- **To do**:
Lines from the beginning of the data below through the one containing "metadata xs m" are to be printed exactly as they appear.

- **Available data**:

-- ===== src/Turbocharger/Deployment/Same.antt =====
-- pkg/turbocharger/deployment.go: every run of the workers deploys the same, and all of it.
use edgerouter.Base.{
  ◌≡◌, refl, sym, ap, ◌∙◌, subst, inl, inr, Str, List, [], ◌∷◌, ◌++◌, map, append-nil, Option, some,
  Result, ok, All, Any,
}
use edgerouter.Base.Sort.{SliceSort, Any-perm}
use edgerouter.Turbocharger.Ids.{ObjectId}
use edgerouter.Turbocharger.Store.{Cas}
use edgerouter.Turbocharger.Store.Contract.{IsStore}
use edgerouter.Turbocharger.Manifest.{FilePath, Manifest, ManifestMetadata}
use edgerouter.Turbocharger.Manifest.Coherent.{Holds}
use edgerouter.Turbocharger.Deployment.{
  FileToDeploy, path_lt, Deploying, start_deploying, path_of, Steps, upload_all, insert_manifest,
  finish_deployment,
}
use edgerouter.Turbocharger.Deployment.Order.{HasDistinctPaths, sort-perm}
use mathlib.Core.List.Permᴰ
use mathlib.Core.List.{Permᴰ}
use edgerouter.Turbocharger.Deployment.Runs.{
  Steps-total, IsStored, Steps-IsStored, upload_all-paths,
}

-- Finishing depends on the noted files only up to their order.
finish_deployment-perm :
    (sha256 : Str → ObjectId) (sorting : SliceSort path_lt) (marshal : Manifest → Result Str)
    (xs ys : List FilePath)
    → Permᴰ xs ys
    → HasDistinctPaths xs
    → {M : Type 0} (manifests : Cas M) (metadata : ManifestMetadata) (m : M)
    → finish_deployment sha256 sorting marshal manifests metadata xs m
      ≡ finish_deployment sha256 sorting marshal manifests metadata ys m
unfolding finish_deployment
finish_deployment-perm sha256 sorting marshal [] [] p d manifests metadata m = refl
finish_deployment-perm sha256 sorting marshal [] (y ∷ ys) p d manifests metadata m =
    absurd (Any-perm (λ z. z ≡ y) (Permᴰ.symm p) (inl refl))
finish_deployment-perm sha256 sorting marshal (x ∷ xs) [] p d manifests metadata m =
    absurd (Any-perm (λ z. z ≡ x) p (inl refl))
finish_deployment-perm sha256 sorting marshal (x ∷ xs) (y ∷ ys) p d manifests metadata m =
    ap
      (λ l.
        let manifest : Manifest = record { metadata = metadata; files = l } in
        insert_manifest sha256 sorting marshal manifests manifest (marshal manifest) m)
      (sort-perm sorting (x ∷ xs) (y ∷ ys) p d)

stored_content :
    {S : Type 0} (view : S → ObjectId → Option Str) (content : ObjectId → Str) (s : S)
    (sha256 : Str → ObjectId) (file : FileToDeploy)
    → Holds view content s
    → content (sha256 file.content) ≡ file.content
    → (c : Str) × (view s (sha256 file.content) ≡ some c)
    → view s (sha256 file.content) ≡ some file.content
stored_content view content s sha256 file holds named (c, there) =
    there ∙ ap some (holds (sha256 file.content) c there ∙ named)

-- A complete run notes the files that it was given.
pub Steps-perm :
    {S : Type 0} (sha256 : Str → ObjectId) (mime_type_by_extension : Str → Str) (files : Cas S)
    (view : S → ObjectId → Option Str) (store : IsStore files view) (content : ObjectId → Str)
    (source : List FileToDeploy) (s : S) (end : Deploying S)
    → Steps sha256 mime_type_by_extension files (start_deploying source s) end
    → (end.source ≡ []) × (end.received ≡ []) × (end.uploaded ≡ [])
    → Permᴰ (map (path_of sha256) source) end.files
Steps-perm sha256 mime_type_by_extension files view store content source s end steps
      (no_source, no_received, no_uploaded) =
    subst (λ l. Permᴰ (map (path_of sha256) source) l)
      (ap
          (λ l.
            end.files
            ++ (l ++ (map (path_of sha256) end.received ++ map (path_of sha256) end.source)))
          no_uploaded
        ∙ ap (λ l. end.files ++ (map (path_of sha256) l ++ map (path_of sha256) end.source))
            no_received
        ∙ ap (λ l. end.files ++ map (path_of sha256) l) no_source
        ∙ append-nil end.files)
      (Steps-total sha256 mime_type_by_extension files view store content (start_deploying source s)
        end steps)

-- If the files have distinct paths, and the digests of their contents name these contents in a store
-- that holds only what its ids name, then every run of the three workers without an error that is
-- complete ends with the same manifest, and the same id of it, as deploying file after file would; and
-- at its end the store holds the content of each file under the id that the manifest has for it.
pub Steps-deploy :
    {S : Type 0} (sha256 : Str → ObjectId) (mime_type_by_extension : Str → Str) (files : Cas S)
    (view : S → ObjectId → Option Str) (content : ObjectId → Str) (source : List FileToDeploy)
    (s : S) (end : Deploying S)
    → IsStore files view
    → HasDistinctPaths (map (path_of sha256) source)
    → All (λ file. content (sha256 file.content) ≡ file.content) source
    → Holds view content s
    → Steps sha256 mime_type_by_extension files (start_deploying source s) end
    → (end.source ≡ []) × (end.received ≡ []) × (end.uploaded ≡ [])
    → ((sorting : SliceSort path_lt) (marshal : Manifest → Result Str) (noted_files : List FilePath)
          (s' : S)
        → upload_all sha256 mime_type_by_extension files [] source s ≡ (ok noted_files, s')
        → (M : Type 0) (manifests : Cas M) (metadata : ManifestMetadata) (m : M)
        → finish_deployment sha256 sorting marshal manifests metadata end.files m
          ≡ finish_deployment sha256 sorting marshal manifests metadata noted_files m)
      × All (λ file. view end.store (sha256 file.content) ≡ some file.content) source
Steps-deploy {S = S} sha256 mime_type_by_extension files view content source s end store distinct
      named holds steps (no_source, no_received, no_uploaded) =
    (
      λ sorting marshal noted_files s' in_order M manifests metadata m. sym (
          finish_deployment-perm sha256 sorting marshal noted_files end.files
            (subst (λ l. Permᴰ l end.files)
              (sym (
                upload_all-paths sha256 mime_type_by_extension files view store content [] source s
                  noted_files s' in_order))
              perm)
            (subst HasDistinctPaths
              (sym (
                upload_all-paths sha256 mime_type_by_extension files view store content [] source s
                  noted_files s' in_order))
              distinct)
            manifests metadata m),
      all source (λ p i. Any-perm (λ q. q ≡ p) perm i) named,
    )
  where
    perm : Permᴰ (map (path_of sha256) source) end.files
    perm =
        Steps-perm sha256 mime_type_by_extension files view store content source s end steps
          (no_source, no_received, no_uploaded)

    stored : IsStored sha256 mime_type_by_extension files view store content end
    stored =
        Steps-IsStored sha256 mime_type_by_extension files view store content
          (start_deploying source s) end steps
          (record {
            holds = holds;
            named_received = tt;
            named_source = named;
            there_uploaded = tt;
            there_files = tt;
          })

    pick :
        (p : FilePath) (l : List FilePath)
        → Any (λ q. q ≡ p) l
        → All (λ q. (c : Str) × (view end.store q.content_id ≡ some c)) l
        → (c : Str) × (view end.store p.content_id ≡ some c)
    pick p [] i h = absurd i
    pick p (q ∷ l) (inl e) h = subst (λ x. (c : Str) × (view end.store x.content_id ≡ some c)) e h.0
    pick p (q ∷ l) (inr i) h = pick p l i h.1

    all :
        (l : List FileToDeploy)
        → ((p : FilePath) → Any (λ q. q ≡ p) (map (path_of sha256) l) → Any (λ q. q ≡ p) end.files)
        → All (λ file. content (sha256 file.content) ≡ file.content) l
        → All (λ file. view end.store (sha256 file.content) ≡ some file.content) l
    all [] into h = tt
    all (file ∷ l) into h = (
      stored_content view content end.store sha256 file stored.holds h.0 (
          pick (path_of sha256 file) end.files (into (path_of sha256 file) (inl refl))
            stored.there_files),
      all l (λ p i. into p (inr i)) h.1,
    )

- **Answer section**:
-- ===== src/Turbocharger/Deployment/Same.antt =====
-- pkg/turbocharger/deployment.go: every run of the workers deploys the same, and all of it.
use edgerouter.Base.{
  ◌≡◌, refl, sym, ap, ◌∙◌, subst, inl, inr, Str, List, [], ◌∷◌, ◌++◌, map, append-nil, Option, some,
  Result, ok, All, Any,
}
use edgerouter.Base.Sort.{SliceSort, Any-perm}
use edgerouter.Turbocharger.Ids.{ObjectId}
use edgerouter.Turbocharger.Store.{Cas}
use edgerouter.Turbocharger.Store.Contract.{IsStore}
use edgerouter.Turbocharger.Manifest.{FilePath, Manifest, ManifestMetadata}
use edgerouter.Turbocharger.Manifest.Coherent.{Holds}
use edgerouter.Turbocharger.Deployment.{
  FileToDeploy, path_lt, Deploying, start_deploying, path_of, Steps, upload_all, insert_manifest,
  finish_deployment,
}
use edgerouter.Turbocharger.Deployment.Order.{HasDistinctPaths, sort-perm}
use mathlib.Core.List.Permᴰ
use mathlib.Core.List.{Permᴰ}
use edgerouter.Turbocharger.Deployment.Runs.{
  Steps-total, IsStored, Steps-IsStored, upload_all-paths,
}

-- Finishing depends on the noted files only up to their order.
finish_deployment-perm :
    (sha256 : Str → ObjectId) (sorting : SliceSort path_lt) (marshal : Manifest → Result Str)
    (xs ys : List FilePath)
    → Permᴰ xs ys
    → HasDistinctPaths xs
    → {M : Type 0} (manifests : Cas M) (metadata : ManifestMetadata) (m : M)
    → finish_deployment sha256 sorting marshal manifests metadata xs m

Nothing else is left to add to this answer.